We’ve all heard that we should aim for 10,000 steps a day to stay healthy. However, according to a study published in the Journal of the American Medical Association, 7,500 is the lowest number of steps with the highest level of health benefits and boost your fitness.

Nevsah Karamehmet, an expert in breathing meditation and behavioural sciences, says, “Walking is one of the easiest, most effective forms of exercise. “Taking 2000 steps a day? Try building up to 4000. It’s all about doing a bit more than you usually do, to really challenge yourself.”

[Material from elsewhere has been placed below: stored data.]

-- ===== src/Lock/Refines.antt =====
-- src/utils/distributed-lock.ts: the class against a table of locks.
use text.Mathlib.TextLemmas.{append_cancel_left}
use mathlib.Core.Path.{fun_ext}
use spane.Base.{
  ℕ, ◌<◌, String, ◌≡◌, refl, sym, ◌∙◌, ap, inl, inr, Bool, true, false, Bool-cases, if_cases,
  Option, none, some, Option-cases, List, [], ◌∷◌, ◌==◌, eqb, if◌then◌else◌, eq_iff,
}
use spane.Lock.Commands.{Redis, is_free, holds, count_of}
use spane.Lock.Scripts.{
  release_script_answer, release_script_value, extend_script_answer, extend_script_value,
}
use spane.Lock.{lock_key, token_if, or_else, default_ttl, acquire, release, extend}

-- the calls of any number of instances, each with its key and its token
pub data LockCall : Type 0 where
  acquire_call : (key token : String) (ttl : Option ℕ) → LockCall
  release_call : (key token : String) → LockCall
  extend_call : (key token : String) (ttl : ℕ) → LockCall

abbrev pub is_some {ℓ} : {A : Type ℓ} → Option A → Bool
is_some none = false
is_some (some a) = true

-- a table of locks: which token holds a key
abbrev pub Table : Type 0
Table = String → Option String

abbrev pub put_lock : String → Option String → Table → Table
put_lock key o t k = if key == k then o else t k

-- what each call answers, and what it makes of the table
abbrev pub specified : LockCall → Table → Bool × Table
specified (acquire_call key token ttl) t =
    (is_free (t key), if is_free (t key) then put_lock key (some token) t else t)
specified (release_call key token) t =
    (holds (t key) token, if holds (t key) token then put_lock key none t else t)
specified (extend_call key token ttl) t = (holds (t key) token, t)

-- a time to live of 0 is an error for Redis, or expires a key at once
abbrev pub HasTtl : LockCall → Type 0
HasTtl (acquire_call key token ttl) = 0 < or_else ttl default_ttl
HasTtl (release_call key token) = Unit
HasTtl (extend_call key token ttl) = 0 < ttl

abbrev pub AllHaveTtl : List LockCall → Type 0
AllHaveTtl [] = Unit
AllHaveTtl (c ∷ cs) = HasTtl c × AllHaveTtl cs

abbrev pub specified_all : List LockCall → Table → List Bool × Table
specified_all [] t = ([], t)
specified_all (c ∷ cs) t =
    let (answer, t') = specified c t in
    let (answers, t'') = specified_all cs t' in (answer ∷ answers, t'')

module _ (redis : Redis) where
  open redis use {Server, value_of, set_nx_answer, set_nx_value}

  abbrev pub perform : LockCall → Server → Bool × Server
  perform (acquire_call key token ttl) s =
      let (answer, s') = acquire redis key ttl token s in (is_some answer, s')
  perform (release_call key token) s = release redis key token s
  perform (extend_call key token ttl) s = extend redis key token ttl s

  -- the locks that the server holds
  abbrev pub table_of : Server → Table
  table_of s key = value_of s (lock_key key)

  key_eq : (key k : String) → (lock_key key == lock_key k) ≡ (key == k)
  key_eq key k = elim (Bool-cases (key == k)) [
    | inl e ↦ (eq_iff _ _).1 (ap lock_key ((eq_iff key k).0 e)) ∙ sym e
    | inr e ↦ elim (Bool-cases (lock_key key == lock_key k)) [
      | inl same ↦
          let h = (eq_iff key k).1 (append_cancel_left "lock:" key k ((eq_iff _ _).0 same)) in cc
      | inr apart ↦ apart ∙ sym e
    ]
  ]

  -- one call does to the server what it does to the table, and answers the same
  abbrev pub Agrees : LockCall → Server → Type 0
  Agrees c s =
      ((perform c s).0 ≡ (specified c (table_of s)).0)
      × ((k : String) → table_of (perform c s).1 k ≡ (specified c (table_of s)).1 k)

  is_some-token_if : (b : Bool) (token : String) → is_some (token_if b token) ≡ b
  is_some-token_if true token = refl
  is_some-token_if false token = refl

  eqb-count_of : (b : Bool) → eqb (count_of b) 1 ≡ b
  eqb-count_of true = refl
  eqb-count_of false = refl

  acquire-Agrees :
      (key token : String) (ttl : Option ℕ) (s : Server)
      → 0 < or_else ttl default_ttl
      → Agrees (acquire_call key token ttl) s
  unfolding acquire
  acquire-Agrees key token ttl s h = (
    is_some-token_if _ token ∙ set_nx_answer (lock_key key) token (or_else ttl default_ttl) s h,
    λ k.
        set_nx_value (lock_key key) token (or_else ttl default_ttl) s (lock_key k) h
        ∙ (rw (key_eq key k) (elim (Bool-cases (key == k)) [
          | inl same ↦
              let e = ap (table_of s) ((eq_iff key k).0 same) in
              rw same (
                rw e (elim (Option-cases (table_of s k)) [
                  | inl free ↦ rw free (rw same refl)
                  | inr (v, held) ↦ rw held (sym held)
                ]))
          | inr other ↦ rw other (
              if_cases (λ (t : Table). table_of s k ≡ t k) (is_free (table_of s key)) _ _
                (λ _. rw other refl) (λ _. refl))
        ])),
  )

  release-Agrees : (key token : String) (s : Server) → Agrees (release_call key token) s
  unfolding release
  release-Agrees key token s = (
    ap (λ n. eqb n 1) (release_script_answer redis (lock_key key) token s) ∙ eqb-count_of _,
    λ k.
        release_script_value redis (lock_key key) token s (lock_key k)
        ∙ (rw (key_eq key k) (elim (Bool-cases (key == k)) [
          | inl same ↦
              let e = ap (table_of s) ((eq_iff key k).0 same) in
              rw same (
                rw e (elim (Bool-cases (holds (table_of s k) token)) [
                  | inl held ↦ rw held (rw same refl)
                  | inr other ↦ rw other refl
                ]))
          | inr other ↦ rw other (
              if_cases (λ (t : Table). table_of s k ≡ t k) (holds (table_of s key) token) _ _
                (λ _. rw other refl) (λ _. refl))
        ])),
  )

  extend-Agrees :
      (key token : String) (ttl : ℕ) (s : Server) → 0 < ttl → Agrees (extend_call key token ttl) s
  unfolding extend
  extend-Agrees key token ttl s h = (
    ap (λ n. eqb n 1) (extend_script_answer redis (lock_key key) token ttl s) ∙ eqb-count_of _,
    λ k. extend_script_value redis (lock_key key) token ttl s (lock_key k) h,
  )

  pub call-Agrees : (c : LockCall) (s : Server) → HasTtl c → Agrees c s
  call-Agrees (acquire_call key token ttl) s h = acquire-Agrees key token ttl s h
  call-Agrees (release_call key token) s h = release-Agrees key token s
  call-Agrees (extend_call key token ttl) s h = extend-Agrees key token ttl s h

  -- the answers of a run, and what it leaves
  unfoldable pub perform_all : List LockCall → Server → List Bool × Server
  perform_all [] s = ([], s)
  perform_all (c ∷ cs) s =
      let (answer, s') = perform c s in
      let (answers, s'') = perform_all cs s' in (answer ∷ answers, s'')

  -- Any sequence of acquire, release and extend calls, by any instances with any tokens on any keys, each
  -- with a time to live above 0 and with no key expiring in between, gives the answers that a table of
  -- locks gives, and leaves the locks as in the table: a free key is acquired, a held one refused, and a
  -- lock is released and extended only under its token.
  pub perform_all_refines :
      (cs : List LockCall) (s : Server)
      → AllHaveTtl cs
      → ((perform_all cs s).0 ≡ (specified_all cs (table_of s)).0)
        × (table_of (perform_all cs s).1 ≡ (specified_all cs (table_of s)).1)
  unfolding perform_all
  perform_all_refines [] s h = (refl, refl)
  perform_all_refines (c ∷ cs) s h =
      let (answer, table) = call-Agrees c s h.0 in
      let (answers, tables) = perform_all_refines cs (perform c s).1 h.1 in
      let e = fun_ext table in
      (
        ap (λ a. a ∷ (perform_all cs (perform c s).1).0) answer
            ∙ ap (λ l. (specified c (table_of s)).0 ∷ l)
                (answers ∙ ap (λ t. (specified_all cs t).0) e),
        tables ∙ ap (λ t. (specified_all cs t).1) e,
      )
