-- ===== src/Lock/Exclusive.antt =====
-- src/utils/distributed-lock.ts: one holder at a time.
use spane.Base.{
  ℕ, ◌<◌, String, ◌≡◌, refl, ◌∙◌, ap, Bool, true, false, not, Bool-cases, inl, inr, Option, none,
  some, List, [], ◌∷◌, ◌==◌, ◌&&◌, arith, eq_iff,
}
use spane.Lock.Commands.{Redis, is_free, holds}
use spane.Lock.{lock_key, acquire}
use spane.Lock.Refines.{
  LockCall, acquire_call, release_call, extend_call, Table, specified, specified_all, AllHaveTtl,
  is_some, call-Agrees, perform_all, perform_all_refines,
}

-- a call on another key or under another token
abbrev pub is_foreign : String → String → LockCall → Bool
is_foreign key token (acquire_call k t ttl) = not (k == key && t == token)
is_foreign key token (release_call k t) = not (k == key && t == token)
is_foreign key token (extend_call k t ttl) = not (k == key && t == token)

abbrev pub AllForeign : String → String → List LockCall → Type 0
AllForeign key token [] = Unit
AllForeign key token (c ∷ cs) = (is_foreign key token c ≡ true) × AllForeign key token cs

held_after :
    (key token : String) (c : LockCall) (t : Table)
    → t key ≡ some token
    → is_foreign key token c ≡ true
    → (specified c t).1 key ≡ some token
held_after key token (acquire_call k v ttl) t h f = elim (Bool-cases (k == key)) [
  | inl same ↦ let e = ap t ((eq_iff k key).0 same) ∙ h in rw e h
  | inr other ↦ elim (Bool-cases (is_free (t k))) [
    | inl free ↦ rw free (rw other h)
    | inr taken ↦ rw taken h
  ]
]
held_after key token (release_call k v) t h f = elim (Bool-cases (k == key)) [
  | inl same ↦
      let e = ap t ((eq_iff k key).0 same) ∙ h in
      let n : (token == v) ≡ false = ground (arith, eq_iff v token, eq_iff token v) in rw e (rw n h)
  | inr other ↦ elim (Bool-cases (holds (t k) v)) [
    | inl own ↦ rw own (rw other h)
    | inr not_own ↦ rw not_own h
  ]
]
held_after key token (extend_call k v ttl) t h f = h

held_all :
    (key token : String) (cs : List LockCall) (t : Table)
    → t key ≡ some token
    → AllForeign key token cs
    → (specified_all cs t).1 key ≡ some token
held_all key token [] t h f = h
held_all key token (c ∷ cs) t h f =
    held_all key token cs (specified c t).1 (held_after key token c t h f.0) f.1

none_of : (o : Option String) → is_some o ≡ false → o ≡ none
none_of none h = refl
none_of (some v) h = cc

module _ (redis : Redis) where
  open redis use {Server, value_of}

  -- While a lock is held under a token, no sequence of acquire, release and extend calls on other keys or
  -- under other tokens, each with a time to live above 0 and with no key expiring in between, takes it
  -- away: afterwards it is still held under that token, and an acquire call of the key is refused.
  pub perform_all_exclusive :
      (key token other : String) (ttl : ℕ) (cs : List LockCall) (s : Server)
      → value_of s (lock_key key) ≡ some token
      → AllForeign key token cs
      → AllHaveTtl cs
      → 0 < ttl
      → (value_of (perform_all redis cs s).1 (lock_key key) ≡ some token)
        × ((acquire redis key (some ttl) other (perform_all redis cs s).1).0 ≡ none)
  perform_all_exclusive key token other ttl cs s h f ttls positive =
      let (_, table) = perform_all_refines redis cs s ttls in
      let held =
        ap (λ (t : Table). t key) table
        ∙ held_all key token cs (λ k. value_of s (lock_key k)) h f in
      let refused =
        (call-Agrees redis (acquire_call key other (some ttl)) (perform_all redis cs s).1
          positive).0
        ∙ ap is_free held in
      (held, none_of _ refused)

  1. Don’t limit yourself to cardio

It can be all too easy to fall into a cardio black hole and believe it’s the key to keeping fit. Cardio is crucial — it elevates our heart rate, builds endurance and burns calories. But the key to becoming stronger and more flexible won’t be found running on a treadmill. Instead, mix your workouts up with strength training. Think about boxing training, too, which is gaining popularity. If you’re unsure where to start, have a session or two with a personal trainer.

  1. Try Barre Blend

Bored of your regular workout class and wanting to boost your fitness? Then Barre Blend may be for you. It combines Pilates, yoga, ballet, cardio and strength training. It brings it all together in a tough, yet satisfying workout.

Elise Joan, trainer and creator of Barre Blend, says, “Barre Blend brings the heat while still remaining low impact, so it’s safe on your joints. You’ll strengthen, tone, and stretch all while working in elements of cardio that will spike your heart rate.”